Doctor, nurses pack car with NICU equipment to save baby born at 24 weeks during Texas snowstorm

Good News Notes:

The life of a premature, 1-pound baby born during a catastrophic winter storm in Texas was saved thanks to the ingenuity of a team of doctors and nurses, including some who packed a truck with neo-natal intensive care unit equipment and drove through snow to help.

The baby, a girl named Zaylynn, was born at 24 weeks on Feb. 17, just as snow and ice dumped on central Texas, causing power outages and making roads impassable.

A baby born at 24 weeks has only a 50% to 60% chance of survival in the best of times, according to Dr. Curtis Copeland, a family medicine physician at Baylor Scott & White Medical Center in Marble Falls, Texas, the hospital where Zaylynn was born.

Zaylynn faced additional odds because Baylor Scott & White is a Level 1 hospital that does not offer the specialized neonatal care premature babies require. In normal circumstances, the expectant mom would be transferred to a larger facility ahead of delivery, or in the case of an emergency birth like Zaylynn’s, the infant would be transferred immediately after birth.

Zaylynn’s mom, Kimberly Arias, drove through snow and ice to get to Baylor Scott & White the morning of Feb. 17 after experiencing pain that turned out to be contractions. Less than two hours after she arrived, Arias gave birth to Zaylynn, who weighed just 1 pound, 6 ounces at birth and had to immediately be put on a ventilator to breathe, according to Meredith Schubert, the labor and delivery nurse on duty when Arias arrived.

The entire time Schubert, Copeland and an “all hands on deck” team of nurses and doctors were helping Arias deliver and then stabilize Zaylynn, another team was trying to locate a medical transport team that could fly or drive through the snowstorm to transport Zaylynn to a NICU.

“We had five or six people out at the nurses’ station calling hospital networks all over the state of Texas,” said Schubert. “Nobody could answer our cry for help.”

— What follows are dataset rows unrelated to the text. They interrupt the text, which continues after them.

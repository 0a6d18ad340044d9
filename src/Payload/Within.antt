-- ===== src/Payload/Within.antt =====
-- The results of `build_payload` against the limits of the block.
use mathlib.Core.Path.{subst}
use dogeos_reth.Prelude.{
  ℕ, ◌<◌, ◌≡◌, refl, inl, inr, Bool, true, false, some, Result, ok, err, ◌>>=◌, Bool-cases, bind-ok,
  map_err-ok, ok-injective, ap, ◌∙◌, map_err, if◌then◌else◌, u64_max, All,
}
use dogeos_reth.CodeWitness.{Meter, new, begin_transaction, accept_transaction}
use dogeos_reth.CodeWitness.Inspector.{run_hooks}
use dogeos_reth.CodeWitness.Keeps.{IsSizedHook, run_hooks-keeps}
use dogeos_reth.CodeWitness.Invariant.{IsMetered, new-IsMetered, reset-IsMetered, accept-IsMetered}
use dogeos_reth.CodeWitness.Budget.{HasSize, inspector, IsMetered-Keeps}
use dogeos_reth.Consensus.{SharedRules}
use dogeos_reth.Payload.{new_info, TxApi, ScrollBuilderConfig}
use dogeos_reth.Payload.Execute.{
  ScrollPayloadBuilderError, internal, decoding, accept_system_code_budget,
}
use dogeos_reth.Payload.Forced.{decode_forced_transactions, Building, run_forced}
use dogeos_reth.Payload.Pool.{PoolEnd, finished, cancelled, out_of_fuel, failed, pool_loop}
use dogeos_reth.Payload.Limits.{IsExecutor, IsWithin}
use dogeos_reth.Payload.Limits.Forced.{run_forced-IsWithin}
use dogeos_reth.Payload.Limits.Pool.{pool_loop-IsWithin}
use dogeos_reth.Payload.GasLimit.{next_block_gas_limit}
use dogeos_reth.Payload.Build.{
  SystemStep, BuildEnv, ScrollPayloadAttributes, BuildOutcome, better, freeze, aborted,
  cancelled_job, unfinished, run_system, start_building, finish_building, freeze_payload,
  better_payload, fill_payload, build_payload,
}

-- What is known of the block builder: its executor obeys `IsExecutor`, it shows sized codes, and a
-- builder's block keeps the gas limit that it was created with.
pub record IsBuildEnv {X B T I P : Type 0} (size : ℕ → ℕ) (api : TxApi T) (env : BuildEnv X B T I P)
    : Type 0 where
  pub executor : IsExecutor size api env.executor
  pub pre_sized :
      (b : B) (m : Meter)
      → All (IsSizedHook (HasSize size)) (env.apply_pre_execution_changes b m).hooks
  pub finish_sized : (b : B) (m : Meter) → All (IsSizedHook (HasSize size)) (env.finish b m).hooks
  pub gas_limit :
      (limit : ℕ) (m : Meter) (b : B)
      → (env.apply_pre_execution_changes (env.create_block_builder limit) m).outcome ≡ ok b
      → env.block_gas_limit b ≡ limit

module _ {X B T I P : Type 0} (rules : SharedRules X) (size : ℕ → ℕ) (api : TxApi T)
    (env : BuildEnv X B T I P) (config : ScrollBuilderConfig) (attributes : ScrollPayloadAttributes)
    (law : IsBuildEnv size api env) where
  accept_system-IsMetered :
      (m m' : Meter)
      → IsMetered size config.max_code_witness_bytes m
      → accept_system_code_budget {X = X} m config.max_code_witness_bytes ≡ ok m'
      → IsMetered size config.max_code_witness_bytes m'
  unfolding accept_system_code_budget
  accept_system-IsMetered m m' v h = elim (Bool-cases (accept_transaction m).1) [
    | inl e ↦
        subst (IsMetered size config.max_code_witness_bytes) (ok-injective _ _ (rw e at h))
          (accept-IsMetered size config.max_code_witness_bytes v)
    | inr e ↦ let h' = rw e at h in cc
  ]

  run_system-IsMetered :
      {A : Type 0} (step : SystemStep X A) (m m' : Meter) (a : A)
      → All (IsSizedHook (HasSize size)) step.hooks
      → IsMetered size config.max_code_witness_bytes m
      → run_system rules api env config attributes step m ≡ ok (a, m')
      → (step.outcome ≡ ok a) × IsMetered size config.max_code_witness_bytes m'
  unfolding run_system
  run_system-IsMetered step m m' a sized v h =
      let (a', did, h1) = bind-ok (map_err internal step.outcome) _ (a, m') h in
      let (m1, accepted, h2) =
        bind-ok
          (accept_system_code_budget (run_hooks step.hooks (inspector m)).meter
            config.max_code_witness_bytes)
          _ (a, m') h1 in
      let same = ok-injective _ _ h2 in
      let v' =
        accept_system-IsMetered (run_hooks step.hooks (inspector m)).meter m1
          (run_hooks-keeps (HasSize size) (IsMetered size config.max_code_witness_bytes)
            (IsMetered-Keeps size config.max_code_witness_bytes) step.hooks (inspector m) sized v)
          accepted in
      (
        map_err-ok internal step.outcome a (did ∙ ap ok (ap (λ p. p.0) same)),
        subst (λ p. IsMetered size config.max_code_witness_bytes p.1) same v',
      )

  start-IsWithin :
      (gas_limit : ℕ) (s : Building B)
      → start_building rules api env config attributes (env.create_block_builder gas_limit) ≡ ok s
      → (s.info ≡ new_info)
        × (env.block_gas_limit s.builder ≡ gas_limit)
        × IsMetered size config.max_code_witness_bytes s.meter
  unfolding begin_transaction
  start-IsWithin gas_limit s h =
      let begun = begin_transaction (new config.max_code_witness_bytes u64_max) in
      let step = env.apply_pre_execution_changes (env.create_block_builder gas_limit) begun in
      let ((b, m), ran, h1) =
        bind-ok (run_system rules api env config attributes step begun) _ s h in
      let same = ok-injective _ _ h1 in
      let (did, v) =
        run_system-IsMetered step begun m b
          (law.pre_sized (env.create_block_builder gas_limit) begun)
          (reset-IsMetered size config.max_code_witness_bytes
            (new-IsMetered size config.max_code_witness_bytes u64_max))
          ran in
      subst
        (λ t.
          (t.info ≡ new_info)
          × (env.block_gas_limit t.builder ≡ gas_limit)
          × IsMetered size config.max_code_witness_bytes t.meter)
        same (refl, law.gas_limit gas_limit begun b did, v)

  finish-IsWithin :
      (gas_limit : ℕ) (s t : Building B) (payload : P)
      → IsWithin size config gas_limit s
      → finish_building rules api env config attributes s ≡ ok (payload, t)
      → IsWithin size config gas_limit t
  unfolding begin_transaction
  finish-IsWithin gas_limit s t payload v h =
      let begun = begin_transaction s.meter in
      let step = env.finish s.builder begun in
      let ((q, m), ran, h1) =
        bind-ok (run_system rules api env config attributes step begun) _ (payload, t) h in
      let same = ok-injective _ _ h1 in
      let (did, v') =
        run_system-IsMetered step begun m q (law.finish_sized s.builder begun)
          (reset-IsMetered size config.max_code_witness_bytes v.metered) ran in
      subst (λ p. IsWithin size config gas_limit p.1) same
        (record { gas = v.gas; da = v.da; metered = v' })

  -- What a result says of the limits.
  abbrev pub IsWithinOutcome : ℕ → Result (ScrollPayloadBuilderError X) (BuildOutcome B P) → Type 0
  IsWithinOutcome gas_limit (err e) = Unit
  IsWithinOutcome gas_limit (ok (better payload s)) = IsWithin size config gas_limit s
  IsWithinOutcome gas_limit (ok (freeze payload s)) = IsWithin size config gas_limit s
  IsWithinOutcome gas_limit (ok (aborted fees)) = Unit
  IsWithinOutcome gas_limit (ok cancelled_job) = Unit
  IsWithinOutcome gas_limit (ok unfinished) = Unit

  bind_IsWithin :
      {A : Type 0} (gas_limit : ℕ) (r : Result (ScrollPayloadBuilderError X) A)
      (k : A → Result (ScrollPayloadBuilderError X) (BuildOutcome B P))
      → ((a : A) → r ≡ ok a → IsWithinOutcome gas_limit (k a))
      → IsWithinOutcome gas_limit (r >>= k)
  bind_IsWithin gas_limit (ok a) k h = h a refl
  bind_IsWithin gas_limit (err e) k h = tt

  freeze-IsWithin :
      (gas_limit : ℕ) (s : Building B)
      → IsWithin size config gas_limit s
      → IsWithinOutcome gas_limit (freeze_payload rules api env config attributes s)
  freeze-IsWithin gas_limit s v =
      bind_IsWithin gas_limit (finish_building rules api env config attributes s)
        (λ done. ok (freeze done.0 done.1))
        (λ done h. finish-IsWithin gas_limit s done.1 done.0 v h)

  better-IsWithin :
      (gas_limit : ℕ) (end : PoolEnd X B)
      → ((s : Building B) → end ≡ finished s → IsWithin size config gas_limit s)
      → IsWithinOutcome gas_limit (better_payload rules api env config attributes end)
  better-IsWithin gas_limit (finished s) v =
      elim (Bool-cases (env.is_better_payload s.info.total_fees)) [
        | inl e ↦ rw e (
            bind_IsWithin gas_limit (finish_building rules api env config attributes s)
              (λ done. ok (better done.0 done.1))
              (λ done h. finish-IsWithin gas_limit s done.1 done.0 (v s refl) h))
        | inr e ↦ rw e tt
      ]
  better-IsWithin gas_limit cancelled v = tt
  better-IsWithin gas_limit out_of_fuel v = tt
  better-IsWithin gas_limit (failed e) v = tt

  module _ (da_fits : (limit : ℕ) → config.max_da_block_size ≡ some limit → limit < u64_max)
      (fuel gas_limit : ℕ) (fits : gas_limit < u64_max) where
    if_IsWithin :
        (b : Bool) (x y : Result (ScrollPayloadBuilderError X) (BuildOutcome B P))
        → IsWithinOutcome gas_limit x
        → IsWithinOutcome gas_limit y
        → IsWithinOutcome gas_limit (if b then x else y)
    if_IsWithin true x y px py = px
    if_IsWithin false x y px py = py

    fill-IsWithin :
        (s : Building B)
        → IsWithin size config gas_limit s
        → IsWithinOutcome gas_limit (fill_payload rules api env config attributes fuel gas_limit s)
    fill-IsWithin s v =
        if_IsWithin attributes.no_tx_pool (freeze_payload rules api env config attributes s) _
          (freeze-IsWithin gas_limit s v)
          (better-IsWithin gas_limit
            (pool_loop api env.executor env.best env.signals config env.min_transaction_gas
              gas_limit env.base_fee fuel 0 (env.best_txs env.base_fee) s)
            (λ t h.
              pool_loop-IsWithin size api env.executor law.executor config gas_limit fits da_fits
                env.best env.signals env.min_transaction_gas env.base_fee fuel 0
                (env.best_txs env.base_fee) s t v h))

    forced-IsWithin :
        (s : Building B)
        → s.info ≡ new_info
        → IsMetered size config.max_code_witness_bytes s.meter
        → IsWithinOutcome gas_limit (
            map_err (λ e. decoding) (decode_forced_transactions env.decode attributes.transactions)
            >>= λ forced. run_forced api env.executor config gas_limit forced s >>= λ s'.
                fill_payload rules api env config attributes fuel gas_limit s')
    forced-IsWithin s fresh met = bind_IsWithin gas_limit _ _ (λ forced decoded.
        bind_IsWithin gas_limit _ _ (λ s' ran. fill-IsWithin s' (
          run_forced-IsWithin size api env.executor law.executor config gas_limit fits da_fits
            forced s s' fresh met ran)))

    -- Whatever the transactions, forced or from the pool, a payload that is built respects the limits
    -- of the block: the gas used is within the selected gas limit, the bytes for data availability
    -- within the configured limit where there is one, and the meter's bytes of accepted code, those of
    -- forced transactions and system calls included, within the code limit. This is under a block
    -- builder that executes a transaction within its gas limit and shows the inspector codes of one
    -- size per hash, and for a gas limit and a limit for data availability below the largest u64.
    pub build_payload_within :
        (parent_gas_limit : ℕ)
        → next_block_gas_limit rules attributes.gas_limit config.gas_limit parent_gas_limit
          ≡ some gas_limit
        → IsWithinOutcome gas_limit
            (build_payload rules api env config attributes fuel parent_gas_limit)
    unfolding build_payload
    build_payload_within parent_gas_limit selected = rw selected (
        bind_IsWithin gas_limit
          (start_building rules api env config attributes (env.create_block_builder gas_limit)) _
          (λ s h.
            let (fresh, limit, met) = start-IsWithin gas_limit s h in
            rw limit (forced-IsWithin s fresh met)))
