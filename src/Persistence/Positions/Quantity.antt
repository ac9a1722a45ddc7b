-- ===== src/Persistence/Positions/Quantity.antt =====
-- A fill moves the open quantity of its instrument and broker by exactly its signed size.
use razortrade.Common.{
  ℕ, ◌≡◌, refl, sym, ap, ◌∙◌, true, false, Option, none, some, List, ◌∷◌, String, str_eq_iff, arith,
  Bool-cases, inl, inr,
}
use mathlib.Core.Path.{subst}
use razortrade.Common.Int.{◌+ℤ◌}
use razortrade.Decimal.{DecimalOps, ◌<ᵈ◌, ◌=ᵈ◌}
use razortrade.Persistence.Columns.{
  DbResult, ok, and_then, and_then-ok, ok-injective, TextOps, IsReadBack, IsExact,
}
use razortrade.Persistence.PositionRows.{
  PositionRow, PositionTable, PositionFill, OldPosition, Applied, matches, find_open, update_row,
  signed, fill_signed, same_side,
}
use razortrade.Persistence.Positions.{
  new_row, close_row, parse_row, open_position, added_position, add_to_position, reduce_position,
  close_position, flip_position, against_position, apply_to_old, apply_to_found,
  apply_fill_to_position,
}
use razortrade.Persistence.Positions.Signs.{zero_add, signed_rest}
use razortrade.Persistence.Positions.Table.{
  IsValid, KeepsKey, KeepsOpen, find-update-keeps, find-update-Closes,
}

module _ {D X : Type 0} ⦃dec : DecimalOps D⦄ ⦃txt : TextOps D X⦄ (read : IsReadBack D X)
    (exact : IsExact D) where
  -- The quantity of an open row, and zero without one.
  abbrev pub row_quantity : Option (PositionRow X) → Option D
  row_quantity none = some dec.zero
  row_quantity (some r) = txt.from_str r.quantity

  abbrev pub open_quantity : String → String → List (PositionRow X) → Option D
  open_quantity s b rows = row_quantity (find_open s b rows)

  find-new_row :
      (p : PositionFill D) (id : ℕ) (qty : D) (rows : List (PositionRow X))
      → find_open p.instrument_symbol p.broker (new_row p id qty ∷ rows) ≡ some (new_row p id qty)
  unfolding matches
  find-new_row p id qty rows =
      ground
        (arith, str_eq_iff p.instrument_symbol p.instrument_symbol, str_eq_iff p.broker p.broker)

  quantity-new_row :
      (p : PositionFill D) (id : ℕ) (qty : D) (rows : List (PositionRow X))
      → open_quantity p.instrument_symbol p.broker (new_row p id qty ∷ rows) ≡ some qty
  quantity-new_row p id qty rows =
      ap row_quantity (find-new_row p id qty rows) ∙ read.from_str-to_string qty

  -- What the theorem says of one outcome, for an open quantity before it.
  abbrev pub Moves : PositionFill D → D → Applied D X → Type 0
  Moves p q (t, o) =
      (open_quantity p.instrument_symbol p.broker t.rows ≡ some o.new_quantity)
      × (exact.value o.new_quantity ≡ exact.value q +ℤ exact.value (fill_signed p))

  keep_lem :
      (f : PositionRow X → PositionRow X) (s b : String) (t : PositionTable X) (row : PositionRow X)
      (id : ℕ) (qty : D)
      → KeepsKey f
      → KeepsOpen f
      → ((r : PositionRow X) → (f r).quantity ≡ txt.to_string qty)
      → IsValid t
      → find_open s b t.rows ≡ some row
      → id ≡ row.id
      → open_quantity s b (update_row id f t.rows) ≡ some qty
  keep_lem f s b t row id qty k o e v h i =
      ap (λ n. open_quantity s b (update_row n f t.rows)) i
      ∙ ap row_quantity (find-update-keeps f s b t.next_id t.rows row k o v.ids_below h).1
      ∙ ap txt.from_str (e row)
      ∙ read.from_str-to_string qty

  open_lem :
      (t : PositionTable X) (p : PositionFill D)
      → find_open p.instrument_symbol p.broker t.rows ≡ none
      → Moves p dec.zero (open_position t p)
  unfolding open_position ◌+ℤ◌
  open_lem t p h = (
    quantity-new_row p t.next_id (fill_signed p) t.rows,
    rw exact.value-zero (zero_add (exact.value (fill_signed p))),
  )

  add_lem :
      (t : PositionTable X) (p : PositionFill D) (old : OldPosition D) (row : PositionRow X)
      (entry : D)
      → IsValid t
      → find_open p.instrument_symbol p.broker t.rows ≡ some row
      → old.pos_id ≡ row.id
      → Moves p old.qty (added_position t p old entry)
  unfolding added_position
  add_lem t p old row entry v h i = (
    keep_lem _ p.instrument_symbol p.broker t row old.pos_id (dec.add old.qty (fill_signed p))
        (record { symbol = λ r. refl; broker = λ r. refl; id = λ r. refl }) (λ r. refl) (λ r. refl)
        v h i,
    exact.value-add old.qty (fill_signed p),
  )

  reduce_lem :
      (t : PositionTable X) (p : PositionFill D) (old : OldPosition D) (row : PositionRow X)
      (pnl : D)
      → IsValid t
      → find_open p.instrument_symbol p.broker t.rows ≡ some row
      → old.pos_id ≡ row.id
      → Moves p old.qty (reduce_position t p old pnl)
  unfolding reduce_position
  reduce_lem t p old row pnl v h i = (
    keep_lem _ p.instrument_symbol p.broker t row old.pos_id (dec.add old.qty (fill_signed p))
        (record { symbol = λ r. refl; broker = λ r. refl; id = λ r. refl }) (λ r. refl) (λ r. refl)
        v h i,
    exact.value-add old.qty (fill_signed p),
  )

  close_lem :
      (t : PositionTable X) (p : PositionFill D) (old : OldPosition D) (row : PositionRow X)
      (pnl : D)
      → IsValid t
      → find_open p.instrument_symbol p.broker t.rows ≡ some row
      → old.pos_id ≡ row.id
      → same_side p.is_buy old.qty ≡ false
      → (p.fill_qty =ᵈ dec.abs old.qty) ≡ true
      → Moves p old.qty (close_position t p old pnl)
  unfolding close_position
  close_lem t p old row pnl v h i d e = (
    ap
          (λ n. open_quantity p.instrument_symbol p.broker (
            update_row n (close_row p.now_iso (dec.add old.realized_btc (dec.mul old.qty pnl)))
              t.rows))
          i
        ∙ ap row_quantity
            (find-update-Closes
              (close_row p.now_iso (dec.add old.realized_btc (dec.mul old.qty pnl)))
              p.instrument_symbol p.broker t.next_id t.rows row
              (record { symbol = λ r. refl; broker = λ r. refl; id = λ r. refl }) (λ r. refl)
              v.ids_below (v.at_most_one p.instrument_symbol p.broker) h).1,
    exact.value-zero ∙ sym ((signed_rest exact p.is_buy p.fill_qty old.qty d).1 e),
  )

  flip_lem :
      (t : PositionTable X) (p : PositionFill D) (old : OldPosition D) (pnl : D)
      → same_side p.is_buy old.qty ≡ false
      → Moves p old.qty (flip_position t p old pnl)
  unfolding flip_position
  flip_lem t p old pnl d = (
    quantity-new_row p t.next_id (signed p.is_buy (dec.sub p.fill_qty (dec.abs old.qty))) _,
    (signed_rest exact p.is_buy p.fill_qty old.qty d).0,
  )

  against_lem :
      (t : PositionTable X) (p : PositionFill D) (old : OldPosition D) (row : PositionRow X)
      (pnl : D)
      → IsValid t
      → find_open p.instrument_symbol p.broker t.rows ≡ some row
      → old.pos_id ≡ row.id
      → same_side p.is_buy old.qty ≡ false
      → Moves p old.qty (against_position t p old pnl)
  unfolding against_position
  against_lem t p old row pnl v h i d = elim (Bool-cases (p.fill_qty <ᵈ dec.abs old.qty)) [
    | inl less ↦ rw less (reduce_lem t p old row pnl v h i)
    | inr more ↦ elim (Bool-cases (dec.abs old.qty <ᵈ p.fill_qty)) [
      | inl over ↦ rw more (rw over (flip_lem t p old pnl d))
      | inr same ↦
          rw more (rw same (close_lem t p old row pnl v h i d (ground (arith, more, same))))
    ]
  ]

  parse_row_lem :
      (row : PositionRow X) (old : OldPosition D)
      → parse_row row ≡ ok old
      → (old.pos_id ≡ row.id) × (txt.from_str row.quantity ≡ some old.qty)
  unfolding parse_row
  parse_row_lem row old e = ground arith

  added_lem :
      (t : PositionTable X) (p : PositionFill D) (old : OldPosition D) (row : PositionRow X)
      (entry : DbResult D) (a : Applied D X)
      → IsValid t
      → find_open p.instrument_symbol p.broker t.rows ≡ some row
      → old.pos_id ≡ row.id
      → and_then entry (λ c. ok (added_position t p old c)) ≡ ok a
      → Moves p old.qty a
  added_lem t p old row entry a v h i e =
      let (c, _, same) = and_then-ok entry (λ c. ok (added_position t p old c)) e in
      subst (Moves p old.qty) {x = added_position t p old c} (ok-injective same)
        (add_lem t p old row c v h i)

  opposed_lem :
      (t : PositionTable X) (p : PositionFill D) (old : OldPosition D) (row : PositionRow X)
      (pnl : DbResult D) (a : Applied D X)
      → IsValid t
      → find_open p.instrument_symbol p.broker t.rows ≡ some row
      → old.pos_id ≡ row.id
      → same_side p.is_buy old.qty ≡ false
      → and_then pnl (λ c. ok (against_position t p old c)) ≡ ok a
      → Moves p old.qty a
  opposed_lem t p old row pnl a v h i d e =
      let (c, _, same) = and_then-ok pnl (λ c. ok (against_position t p old c)) e in
      subst (Moves p old.qty) {x = against_position t p old c} (ok-injective same)
        (against_lem t p old row c v h i d)

  apply_to_old_lem :
      (t : PositionTable X) (p : PositionFill D) (old : OldPosition D) (row : PositionRow X)
      (a : Applied D X)
      → IsValid t
      → find_open p.instrument_symbol p.broker t.rows ≡ some row
      → old.pos_id ≡ row.id
      → apply_to_old t p old ≡ ok a
      → Moves p old.qty a
  unfolding apply_to_old add_to_position
  apply_to_old_lem t p old row a v h i e = elim (Bool-cases (same_side p.is_buy old.qty)) [
    | inl d ↦ added_lem t p old row _ a v h i (rw d at e)
    | inr d ↦ opposed_lem t p old row _ a v h i d (rw d at e)
  ]

  found_lem :
      (t : PositionTable X) (p : PositionFill D) (found : Option (PositionRow X)) (a : Applied D X)
      → IsValid t
      → find_open p.instrument_symbol p.broker t.rows ≡ found
      → apply_to_found t p found ≡ ok a
      → (q : D) × (row_quantity found ≡ some q) × Moves p q a
  unfolding apply_to_found
  found_lem t p none a v h e = (
    dec.zero,
    refl,
    subst (Moves p dec.zero) {x = open_position t p} (ok-injective e) (open_lem t p h),
  )
  found_lem t p (some row) a v h e =
      let (old, parsed, applied) = and_then-ok (parse_row row) (λ o. apply_to_old t p o) e in
      let (i, q) = parse_row_lem row old parsed in
      (old.qty, q, apply_to_old_lem t p old row a v h i applied)

  -- As long as decimals are exact and their texts are read back: if a fill is applied to a valid
  -- table, the open quantity of its instrument and broker, zero
  -- without an open row, moves by exactly the signed fill, whichever of the five transitions it is;
  -- the outcome reports the new quantity.
  pub fill-Moves :
      (t : PositionTable X) (p : PositionFill D) (a : Applied D X)
      → IsValid t
      → apply_fill_to_position t p ≡ ok a
      → (q : D) × (open_quantity p.instrument_symbol p.broker t.rows ≡ some q) × Moves p q a
  unfolding apply_fill_to_position
  fill-Moves t p a v e = found_lem t p (find_open p.instrument_symbol p.broker t.rows) a v refl e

The team struggled for several hours until their call for help reached Dr. John Loyd, division neonatologist chief at Dell Children’s Medical Center, part of Ascension, in Austin, Texas. Loyd said he was in the process of trying to arrange transport for another baby when he heard about Zaylynn.

“The Baylor Scott & White team had done an amazing job well out of their scope of their routine practice to get a breathing tube in, to provide IV glucose and to keep this baby warm,” he said. “I knew that they needed help and more importantly the baby and the family needed help so I decided I was going to go.”

“Having a sturdy, 7,500-pound, four-wheel drive [SUV] I just felt like I could get there and I wasn’t OK with the notion of doing nothing,” Loyd explained.

Around 5 p.m. on Feb. 17, after already having worked a full shift, Loyd packed his SUV with equipment, turning it into a makeshift NICU, and he and two NICU nurses from Dell Children’s set out for Marble Falls, about 55 miles away.

What would normally be a one-hour drive took Loyd and the nurses about two hours as they drove in the night through ice and snow.

The trio arrived at the Marble Falls hospital around 8 p.m., where they were met with appreciation from Copeland, Schubert and others who had been working to keep Zaylnn alive. While they waited for Loyd, the Baylor Scott & White team, led by Copeland, had been FaceTiming with NICU teams at other hospital systems to make sure they were providing the correct treatment.

“I think my jaw was on the floor,” Schubert said of her reaction to learning Loyd was driving himself to provide help. “I knew Dr. Loyd from previous employment and I knew what kind of guy he was and when I heard he was coming, it was just a huge feeling of relief.”

The two teams, which work for competing hospital systems, worked together throughout the night to continuously monitor Zaylynn. Baylor Scott & White’s cafeteria opened after hours when they learned Loyd and his team needed dinner, and the hospital provided beds so the doctors and nurses could continue working past their shifts.”